Jakarta –
TP-Link, salah satu produsen router terpopuler di Amerika Serikat, mengancam akan berhenti menjual router di negara tersebut karena routernya diyakini memiliki celah keamanan yang berbahaya.
The Wall Street Journal melaporkan, mengutip berbagai sumber, bahwa penyelidik dari Departemen Perdagangan, Pertahanan dan Kehakiman telah membuka penyelidikan terhadap TP-Link dan mungkin melarang penjualan router TP-Link di Amerika Serikat.
Sumber tersebut juga menyebutkan bahwa salah satu departemen di Kementerian Perdagangan mengirimkan undangan ke TP-Link.
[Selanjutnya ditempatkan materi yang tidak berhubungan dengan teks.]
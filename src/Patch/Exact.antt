-- ===== src/Patch/Exact.antt =====
-- A script on a file that has its lines: the match, and the file behind it.
use codeng.Prelude.{
  length-append, ℕ, suc, ◌+◌, Bool, true, false, Option, none, some, List, [], ◌∷◌, ◌++◌, ◌≡◌, refl,
  arith, ap, ◌∙◌, sym, length, map, drop, take,
}
use mathlib.Core.List.{append_assoc}
use codeng.Workflow.Data.{Text}
use codeng.Patch.Data.{NeedleItem, Chunk, context, deletion}
use codeng.Patch.Reverse.{needle}
use codeng.Patch.Chunk.{complete, replace_from, Emitted, pattern, build_replacement_lines}
use codeng.Patch.Emit.{result}
use codeng.Patch.Script.{kept, changed, Script, items_of, chunk_of, old_side, new_side}
use codeng.Prelude.Texts.{text_eq, text_eq_iff}
use codeng.Patch.Leaves.{script-Leaves, future, Leaves}
use codeng.Patch.Blanks.{insert_blank_context_lines, insert_blanks}
use codeng.Patch.Find.{try_match_at, match_from, match_round}
use codeng.Patch.Locate.{apply_located}

pattern-append : (xs ys : List NeedleItem) → pattern (xs ++ ys) ≡ pattern xs ++ pattern ys
unfolding pattern
pattern-append [] ys = refl
pattern-append (x ∷ xs) ys = ground (arith, pattern-append xs ys)

pattern-deletions : (ds : List Text) → pattern (map (needle deletion) ds) ≡ map (needle deletion) ds
unfolding pattern
pattern-deletions [] = refl
pattern-deletions (d ∷ ds) = ap (λ xs. needle deletion d ∷ xs) (pattern-deletions ds)

pattern-items_of : (bs : Script) → pattern (items_of bs) ≡ items_of bs
unfolding items_of pattern
pattern-items_of [] = refl
pattern-items_of (kept t ∷ bs) = ap (λ xs. needle context t ∷ xs) (pattern-items_of bs)
pattern-items_of (changed ds added ∷ bs) =
    pattern-append (map (needle deletion) ds) (items_of bs)
    ∙ ap (λ xs. xs ++ pattern (items_of bs)) (pattern-deletions ds)
    ∙ ap (λ xs. map (needle deletion) ds ++ xs) (pattern-items_of bs)

length-deletions : (ds : List Text) → length (map (needle deletion) ds) ≡ length ds
length-deletions [] = refl
length-deletions (d ∷ ds) = ap suc (length-deletions ds)

length-items_of : (bs : Script) → length (items_of bs) ≡ length (old_side bs)
unfolding items_of old_side
length-items_of [] = refl
length-items_of (kept t ∷ bs) = ap suc (length-items_of bs)
length-items_of (changed ds added ∷ bs) = omega (
  arith,
  length-append (map (needle deletion) ds) (items_of bs),
  length-append ds (old_side bs),
  length-deletions ds,
  length-items_of bs,
)

drop-append : {A : Type 0} (xs ys : List A) → drop (length xs) (xs ++ ys) ≡ ys
drop-append [] ys = refl
drop-append (x ∷ xs) ys = drop-append xs ys

take-append : {A : Type 0} (xs ys : List A) → take (length xs) (xs ++ ys) ≡ xs
take-append [] ys = refl
take-append (x ∷ xs) ys = ap (λ zs. x ∷ zs) (take-append xs ys)

drop-both : {A : Type 0} (xs ys zs : List A) → drop (length xs + length ys) (xs ++ (ys ++ zs)) ≡ zs
drop-both xs ys zs =
    rw (sym (length-append xs ys), sym (append_assoc xs ys zs)) (drop-append (xs ++ ys) zs)

complete-result :
    (o : Option Emitted) (lines : List Text) (end : ℕ)
    → result o ≡ some lines
    → complete end o ≡ some (lines, end)
unfolding complete
complete-result none lines end h = ground arith
complete-result (some (l, ps)) lines end h = ground arith

pub build_replacement_lines-script :
    (bs : Script) (pre post : List Text)
    → build_replacement_lines (pre ++ (old_side bs ++ post)) (length pre) (chunk_of bs)
      ≡ some (new_side bs, length pre + length (old_side bs))
unfolding build_replacement_lines chunk_of Leaves future
build_replacement_lines-script bs pre post =
    rw (pattern-items_of bs, drop-append pre (old_side bs ++ post))
      (complete-result (replace_from 0 (items_of bs) (old_side bs ++ post) (future 0 bs))
          (new_side bs) (length pre + length (items_of bs)) (script-Leaves bs 0 post)
        ∙ ap (λ n. some (new_side bs, length pre + n)) (length-items_of bs))

text_eq_refl : (t : Text) → text_eq t t ≡ true
text_eq_refl t = (text_eq_iff t t).1 refl

match_from-deletions :
    (ds : List Text) (j : ℕ) (seen : Bool) (xs : List NeedleItem) (ls : List Text)
    → ((i : ℕ) (b : Bool) → match_from i b xs ls ≡ some [])
    → match_from j seen (map (needle deletion) ds ++ xs) (ds ++ ls) ≡ some []
unfolding match_from match_round
match_from-deletions [] j seen xs ls rest = rest j seen
match_from-deletions (d ∷ ds) j seen xs ls rest =
    rw (text_eq_refl d, match_from) (match_from-deletions ds (suc j) true xs ls rest)

match_from-script :
    (bs : Script) (post : List Text) (j : ℕ) (seen : Bool)
    → match_from j seen (items_of bs) (old_side bs ++ post) ≡ some []
unfolding match_from match_round items_of old_side
match_from-script [] post j seen = refl
match_from-script (kept t ∷ bs) post j seen =
    rw (text_eq_refl t, match_from) (match_from-script bs post (suc j) true)
match_from-script (changed ds added ∷ bs) post j seen =
    rw (append_assoc ds (old_side bs) post) (
      match_from-deletions ds j seen (items_of bs) (old_side bs ++ post)
        (match_from-script bs post))

-- the search at a line, and the file with what it found put in
abbrev pub patched_at : List Text → Chunk → ℕ → Option (List Text)
unfolding try_match_at apply_located
patched_at lines c start = elim (try_match_at lines c start) [
  | none ↦ none
  | some found ↦ some (apply_located 0 ((found.0, found.1, found.2, c.start_line) ∷ []) lines)
]

try_match_at-script :
    (bs : Script) (pre post : List Text)
    → try_match_at (pre ++ (old_side bs ++ post)) (chunk_of bs) (length pre)
      ≡ some (length pre, length pre + length (old_side bs), new_side bs)
unfolding try_match_at chunk_of insert_blank_context_lines insert_blanks
try_match_at-script bs pre post =
    rw
      (
        pattern-items_of bs,
        drop-append pre (old_side bs ++ post),
        match_from-script bs post 0 false,
        build_replacement_lines-script bs pre post,
        try_match_at,
      )
      refl

apply_located-one :
    (pre old new post : List Text) (line : Option ℕ)
    → apply_located 0 ((length pre, length pre + length old, new, line) ∷ []) (pre ++ (old ++ post))
      ≡ pre ++ (new ++ post)
unfolding apply_located
apply_located-one pre old new post line =
    rw (take-append pre (old ++ post), drop-both pre old post) refl

-- If the lines that a chunk keeps and deletes stand in a file behind some lines, the chunk is found
-- there, and the file with the replacement put in has the lines that the chunk keeps and adds, in
-- the order of the chunk, in their place, with the same lines before and behind.
pub patched_at-script :
    (bs : Script) (pre post : List Text)
    → patched_at (pre ++ (old_side bs ++ post)) (chunk_of bs) (length pre)
      ≡ some (pre ++ (new_side bs ++ post))
unfolding patched_at
patched_at-script bs pre post =
    rw (try_match_at-script bs pre post, patched_at)
      (ap some (apply_located-one pre (old_side bs) (new_side bs) post none))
Amerika Serikat merupakan pasar yang sangat penting bagi TP-Link, dimana perusahaan asal Shenzhen, China ini menguasai 65% pangsa pasar router. Faktanya, 11 dari 20 router terlaris di Amazon merupakan merek TP-Link, termasuk seri AX3000 dan AX1800 yang menempati posisi terlaris pertama dan kedua.
Oktober lalu, Microsoft mengungkapkan jaringan berisi sejumlah perangkat yang dapat disusupi oleh peretas Tiongkok untuk menyerang pengguna Microsoft Azure, termasuk lembaga pemerintah dan perusahaan pemasok yang terkait dengan Departemen Pertahanan.
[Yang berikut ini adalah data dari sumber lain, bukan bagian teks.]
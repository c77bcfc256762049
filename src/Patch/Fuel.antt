-- ===== src/Patch/Fuel.antt =====
-- The rounds of the search, `find_rounds`.
use codeng.Prelude.{
  ℕ, suc, not, none, some, List, [], ◌∷◌, ◌≡◌, refl, arith, keep, Option-cases, inl, inr,
}
use codeng.Workflow.Data.{Text}
use codeng.Patch.Data.{NeedleItem, Chunk}
use codeng.Patch.Blanks.{blank_indices, is_blank_context, drop_blank_context_lines}
use codeng.Patch.Find.{find_rounds, find_chunk_linear, ended}

blank_indices-keep :
    (xs : List NeedleItem) (j : ℕ) → blank_indices j (keep (λ x. not (is_blank_context x)) xs) ≡ []
unfolding blank_indices
blank_indices-keep [] j = refl
blank_indices-keep (x ∷ xs) j =
    ground (arith, blank_indices-keep xs j, blank_indices-keep xs (suc j))

drop_blank_context_lines-twice :
    (c d : Chunk) → drop_blank_context_lines c ≡ some d → drop_blank_context_lines d ≡ none
unfolding drop_blank_context_lines
drop_blank_context_lines-twice c d h = ground (arith, blank_indices-keep c.items 0)

-- The search with two rounds or more ends with a result, which does not depend on the number of
-- rounds: it is what find_chunk_linear gives, at every file, chunk and start.
pub find_rounds-enough :
    (n : ℕ) (lines : List Text) (c : Chunk) (m : ℕ)
    → find_rounds (suc (suc n)) lines c m ≡ ended (find_chunk_linear lines c m)
unfolding find_rounds find_chunk_linear
find_rounds-enough n lines c m = elim (Option-cases (drop_blank_context_lines c)) [
  | inl missing ↦ ground arith
  | inr (d, found) ↦ ground (arith, drop_blank_context_lines-twice c d found)
]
Jaringan bernama CovertNetwork-1658 telah mencuri kata sandi banyak pengguna Azure sejak tahun 2023. Ini termasuk menggunakan botnet ribuan router, kamera, dan lebih dari 16.000 perangkat internet berbeda, yang sebagian besar adalah router TP Link.
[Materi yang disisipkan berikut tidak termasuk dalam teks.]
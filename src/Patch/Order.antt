-- ===== src/Patch/Order.antt =====
-- The blocks of an update in the order of the chunks: the sort and the test of the order behind the
-- search.
use codeng.Prelude.{
  ℕ, ◌≤◌, false, List, [], ◌∷◌, ◌≡◌, refl, arith, reverse, Bool-cases, inl, inr, Option-cases,
}
use mathlib.Core.List.{reverse_aux}
use codeng.Workflow.Data.{Text}
use codeng.Patch.Data.{Chunk}
use codeng.Patch.Find.{Located, find_chunk_linear}
use codeng.Patch.Locate.{
  Placed, LocateState, locate_chunk, locate_chunks, sort_located, insert_located, starts_fall,
  disambiguate, place, is_before, nothing_located,
}

-- no block starts behind a line
unfoldable AllLe : ℕ → List Placed → Type 0
AllLe n [] = Unit
AllLe n (x ∷ xs) = (x.0 ≤ n) × AllLe n xs

-- the last block first, none starts behind the one before it in the list
unfoldable Descending : List Placed → Type 0
unfolding AllLe
Descending [] = Unit
Descending (x ∷ xs) = AllLe x.0 xs × Descending xs

AllLe-trans : (m n : ℕ) (xs : List Placed) → m ≤ n → AllLe m xs → AllLe n xs
unfolding AllLe
AllLe-trans m n [] h all = tt
AllLe-trans m n (x ∷ xs) h (le, all) = (omega arith, AllLe-trans m n xs h all)

-- the blocks of a list do not start behind the first of another
abbrev Below : List Placed → List Placed → Type 0
unfolding AllLe
Below xs [] = Unit
Below xs (y ∷ ys) = AllLe y.0 xs

starts_fall-reverse_aux :
    (xs ys : List Placed)
    → Descending xs
    → Below xs ys
    → starts_fall ys ≡ false
    → starts_fall (reverse_aux xs ys) ≡ false
unfolding Descending starts_fall Below AllLe
starts_fall-reverse_aux [] ys d below h = h
starts_fall-reverse_aux (x ∷ xs) [] (all, d) below h =
    starts_fall-reverse_aux xs (x ∷ []) d all refl
starts_fall-reverse_aux (x ∷ xs) (y ∷ ys) (all, d) (le, below) h =
    starts_fall-reverse_aux xs (x ∷ y ∷ ys) d all (ground arith)

sort_located-ordered : (xs : List Placed) → starts_fall xs ≡ false → sort_located xs ≡ xs
unfolding sort_located insert_located starts_fall
sort_located-ordered [] h = refl
sort_located-ordered (x ∷ []) h = refl
sort_located-ordered (x ∷ y ∷ ys) h = ground (arith, sort_located-ordered (y ∷ ys))

AllLe-behind :
    (found : Located) (xs : List Placed)
    → is_before found xs ≡ false
    → Descending xs
    → AllLe found.0 xs
unfolding AllLe Descending
AllLe-behind found [] h d = tt
AllLe-behind found (x ∷ xs) h (all, d) =
    let le : x.0 ≤ found.0 = ground arith in (le, AllLe-trans x.0 found.0 xs le all)

place-Descending :
    (path : Text) (c : Chunk) (found : Located) (s : LocateState)
    → Descending s.located
    → Descending (place path c found s).located
unfolding Descending
place-Descending path c found s d = elim (Bool-cases (is_before found s.located)) [
  | inl before ↦ rw (before, place) d
  | inr behind ↦ rw (behind, place) (AllLe-behind found s.located behind d, d)
]

locate_chunk-Descending :
    (lines : List Text) (path : Text) (c : Chunk) (s : LocateState)
    → Descending s.located
    → Descending (locate_chunk lines path c s).located
unfolding locate_chunk
locate_chunk-Descending lines path c s d = elim (Option-cases (find_chunk_linear lines c 0)) [
  | inl missing ↦ rw (missing, locate_chunk) d
  | inr (found, e) ↦
      rw (e, locate_chunk) (place-Descending path c (disambiguate lines c s.located found) s d)
]

locate_chunks-Descending :
    (lines : List Text) (path : Text) (cs : List Chunk) (s : LocateState)
    → Descending s.located
    → Descending (locate_chunks lines path cs s).located
unfolding locate_chunks
locate_chunks-Descending lines path [] s d = d
locate_chunks-Descending lines path (c ∷ cs) s d =
    locate_chunks-Descending lines path cs (locate_chunk lines path c s)
      (locate_chunk-Descending lines path c s d)

-- The blocks that are located for the chunks of an update have starts that never fall, in the order
-- of the chunks, and the sort by the start leaves them as they are.
pub sort_located-locate_chunks :
    (lines : List Text) (path : Text) (cs : List Chunk)
    → let found = reverse (locate_chunks lines path cs nothing_located).located in
      (starts_fall found ≡ false) × (sort_located found ≡ found)
unfolding Descending Below starts_fall
sort_located-locate_chunks lines path cs =
    let l = locate_chunks lines path cs nothing_located in
    let order =
      starts_fall-reverse_aux l.located []
        (locate_chunks-Descending lines path cs nothing_located tt) tt refl in
    (order, sort_located-ordered (reverse l.located) order)
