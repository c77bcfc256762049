-- ===== src/Patch/Pushed.antt =====
-- What the lines of a script make of the chunk that is open.
use codeng.Prelude.{
  map, ℕ, suc, ◌+◌, ◌≡◌, refl, arith, ap, ◌∙◌, sym, Bool, true, false, List, [], ◌∷◌, ◌++◌, length,
}
use mathlib.Core.List.{append_assoc, append-nil}
use codeng.Workflow.Data.{Text}
use codeng.Patch.Data.{NeedleItem, EditGroup, context, deletion}
use codeng.Patch.Reverse.{needle}
use codeng.Patch.Section.{OpenChunk, on_last_edit, push_deletion, push_addition, push_context}
use codeng.Patch.Script.{kept, changed, Script, behind, items_of, edits_of}

abbrev pub push_deletions : List Text → OpenChunk → OpenChunk
push_deletions [] o = o
push_deletions (d ∷ ds) o = push_deletions ds (push_deletion d o)

abbrev pub push_additions : List Text → OpenChunk → OpenChunk
push_additions [] o = o
push_additions (a ∷ more) o = push_additions more (push_addition a o)

abbrev pub push_script : Script → OpenChunk → OpenChunk
push_script [] o = o
push_script (kept t ∷ bs) o = push_script bs (push_context t o)
push_script (changed ds added ∷ bs) o = push_script bs (push_additions added (push_deletions ds o))

-- an open chunk, with its items, its edits and the edit that is open
abbrev state_of : OpenChunk → List NeedleItem → List EditGroup → Bool → Bool → ℕ → OpenChunk
state_of o items edits has_mods in_group pat_index = record o {
  chunk = record o.chunk { items = items; edits = edits };
  has_mods = has_mods;
  in_group = in_group;
  pat_index = pat_index;
}

abbrev grown : OpenChunk → List NeedleItem → List EditGroup → Bool → ℕ → OpenChunk
grown o items edits in_group pat_index = state_of o items edits true in_group pat_index

abbrev group : ℕ → ℕ → List Text → EditGroup
group start count added = record { start_pat_index = start; del_count = count; additions = added }

on_last_edit-append :
    (f : EditGroup → EditGroup) (gs : List EditGroup) (g : EditGroup)
    → on_last_edit f (gs ++ g ∷ []) ≡ gs ++ f g ∷ []
unfolding on_last_edit
on_last_edit-append f [] g = refl
on_last_edit-append f (h ∷ []) g = refl
on_last_edit-append f (h ∷ k ∷ gs) g = ap (λ hs. h ∷ hs) (on_last_edit-append f (k ∷ gs) g)

push_deletions_lem :
    (ds : List Text) (o : OpenChunk) (items : List NeedleItem) (gs : List EditGroup)
    (start count j : ℕ) (added : List Text)
    → push_deletions ds (grown o items (gs ++ group start count added ∷ []) true j)
      ≡ grown o
          (items ++ map (needle deletion) ds)
          (gs ++ group start (count + length ds) added ∷ [])
          true
          (behind ds j)
unfolding push_deletion
push_deletions_lem [] o items gs start count j added =
    ap (λ xs. grown o xs (gs ++ group start count added ∷ []) true j) (sym (append-nil items))
    ∙ ap (λ n. grown o (items ++ []) (gs ++ group start n added ∷ []) true j) (omega arith)
push_deletions_lem (d ∷ ds) o items gs start count j added =
    let xs = items ++ needle deletion d ∷ [] in
    let more : List EditGroup → ℕ → OpenChunk = λ es k. push_deletions ds (grown o xs es true k) in
    let g = group start (count + 1) added in
    let one : (count + 1) + length ds ≡ count + suc (length ds) = omega arith in
    ap (λ es. more es (j + 1))
      (on_last_edit-append (λ h. record h { del_count = h.del_count + 1 }) gs
        (group start count added))
    ∙ ap (more (gs ++ g ∷ [])) (omega arith)
    ∙ push_deletions_lem ds o xs gs start (count + 1) (suc j) added
    ∙ ap
        (λ ys.
          grown o ys (gs ++ group start ((count + 1) + length ds) added ∷ []) true
            (behind ds (suc j)))
        (append_assoc items (needle deletion d ∷ []) (map (needle deletion) ds))
    ∙ ap
        (λ n.
          grown o (items ++ needle deletion d ∷ map (needle deletion) ds)
            (gs ++ group start n added ∷ []) true (behind ds (suc j)))
        one

push_additions_lem :
    (new : List Text) (o : OpenChunk) (items : List NeedleItem) (gs : List EditGroup)
    (start count j : ℕ) (added : List Text)
    → push_additions new (grown o items (gs ++ group start count added ∷ []) true j)
      ≡ grown o items (gs ++ group start count (added ++ new) ∷ []) true j
unfolding push_addition
push_additions_lem [] o items gs start count j added =
    ap (λ a. grown o items (gs ++ group start count a ∷ []) true j) (sym (append-nil added))
push_additions_lem (a ∷ new) o items gs start count j added =
    ap (λ es. push_additions new (grown o items es true j))
      (on_last_edit-append (λ g. record g { additions = g.additions ++ a ∷ [] }) gs
        (group start count added))
    ∙ push_additions_lem new o items gs start count j (added ++ a ∷ [])
    ∙ ap (λ as'. grown o items (gs ++ group start count as' ∷ []) true j)
        (append_assoc added (a ∷ []) new)

-- a change of a script opens an edit and fills it
abbrev pub Changes : List Text → List Text → Type 0
Changes [] [] = ⊥
Changes _ _ = Unit

push_changed :
    (ds added : List Text) (o : OpenChunk) (items : List NeedleItem) (gs : List EditGroup)
    (has_mods : Bool) (j : ℕ)
    → Changes ds added
    → push_additions added (push_deletions ds (state_of o items gs has_mods false j))
      ≡ grown o
          (items ++ map (needle deletion) ds)
          (gs ++ group j (length ds) added ∷ [])
          true
          (behind ds j)
unfolding push_deletion push_addition
push_changed [] [] o items gs has_mods j some_change = absurd some_change
push_changed [] (a ∷ added) o items gs has_mods j some_change =
    ap (λ es. push_additions added (grown o items es true j))
      (on_last_edit-append (λ g. record g { additions = g.additions ++ a ∷ [] }) gs (group j 0 []))
    ∙ push_additions_lem added o items gs j 0 j (a ∷ [])
    ∙ ap (λ xs. grown o xs (gs ++ group j 0 (a ∷ added) ∷ []) true j) (sym (append-nil items))
push_changed (d ∷ ds) added o items gs has_mods j some_change =
    let xs = items ++ needle deletion d ∷ [] in
    let more : List EditGroup → ℕ → OpenChunk =
      λ es k. push_additions added (push_deletions ds (grown o xs es true k)) in
    let count : 1 + length ds ≡ suc (length ds) = omega arith in
    ap (λ es. more es (j + 1))
      (on_last_edit-append (λ h. record h { del_count = h.del_count + 1 }) gs (group j 0 []))
    ∙ ap (more (gs ++ group j 1 [] ∷ [])) (omega arith)
    ∙ ap (push_additions added) (push_deletions_lem ds o xs gs j 1 (suc j) [])
    ∙ push_additions_lem added o (xs ++ map (needle deletion) ds) gs j (1 + length ds)
        (behind ds (suc j)) []
    ∙ ap (λ ys. grown o ys (gs ++ group j (1 + length ds) added ∷ []) true (behind ds (suc j)))
        (append_assoc items (needle deletion d ∷ []) (map (needle deletion) ds))
    ∙ ap
        (λ n.
          grown o (items ++ needle deletion d ∷ map (needle deletion) ds)
            (gs ++ group j n added ∷ []) true (behind ds (suc j)))
        count

-- two changes are not neighbours
abbrev StartsKept : Script → Type 0
StartsKept (changed ds added ∷ bs) = ⊥
StartsKept _ = Unit

unfoldable pub IsSeparated : Script → Type 0
IsSeparated [] = Unit
IsSeparated (kept t ∷ bs) = IsSeparated bs
IsSeparated (changed ds added ∷ bs) = Changes ds added × StartsKept bs × IsSeparated bs

abbrev Ready : Bool → Script → Type 0
Ready true bs = StartsKept bs
Ready false bs = Unit

pub push_script_lem :
    (bs : Script) (o : OpenChunk) (items : List NeedleItem) (gs : List EditGroup)
    (has_mods in_group : Bool) (j : ℕ)
    → Ready in_group bs
    → IsSeparated bs
    → (push_script bs (state_of o items gs has_mods in_group j)).chunk
      ≡ record o.chunk { items = items ++ items_of bs; edits = gs ++ edits_of j bs }
unfolding items_of edits_of push_context IsSeparated
push_script_lem [] o items gs has_mods in_group j ready sep =
    ap (λ xs. record o.chunk { items = xs; edits = gs }) (sym (append-nil items))
    ∙ ap (λ es. record o.chunk { items = items ++ []; edits = es }) (sym (append-nil gs))
push_script_lem (kept t ∷ bs) o items gs has_mods in_group j ready sep =
    ap
      (λ k.
        (push_script bs (state_of o (items ++ needle context t ∷ []) gs has_mods false k)).chunk)
      (omega arith)
    ∙ push_script_lem bs o (items ++ needle context t ∷ []) gs has_mods false (suc j) tt sep
    ∙ ap (λ xs. record o.chunk { items = xs; edits = gs ++ edits_of (suc j) bs })
        (append_assoc items (needle context t ∷ []) (items_of bs))
push_script_lem (changed ds added ∷ bs) o items gs has_mods true j ready sep = absurd ready
push_script_lem (changed ds added ∷ bs) o items gs has_mods false j ready (change, next, sep) =
    let g = group j (length ds) added in
    ap (λ p. (push_script bs p).chunk) (push_changed ds added o items gs has_mods j change)
    ∙ push_script_lem bs o (items ++ map (needle deletion) ds) (gs ++ g ∷ []) true true
        (behind ds j) next sep
    ∙ ap (λ xs. record o.chunk { items = xs; edits = (gs ++ g ∷ []) ++ edits_of (behind ds j) bs })
        (append_assoc items (map (needle deletion) ds) (items_of bs))
    ∙ ap
        (λ es. record o.chunk {
          items = items ++ (map (needle deletion) ds ++ items_of bs);
          edits = es;
        })
        (append_assoc gs (g ∷ []) (edits_of (behind ds j) bs))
Sejauh ini, beberapa celah keamanan ditemukan di router TP-Link. Misalnya, pada Mei lalu, router gaming Archer C5400X milik TP-Link ditemukan memiliki kelemahan keamanan berbahaya dengan nilai CVSS 10. Kerentanan ini, jika dieksploitasi, dapat memungkinkan peretas menyuntikkan malware dan mengambil alih perangkat korban.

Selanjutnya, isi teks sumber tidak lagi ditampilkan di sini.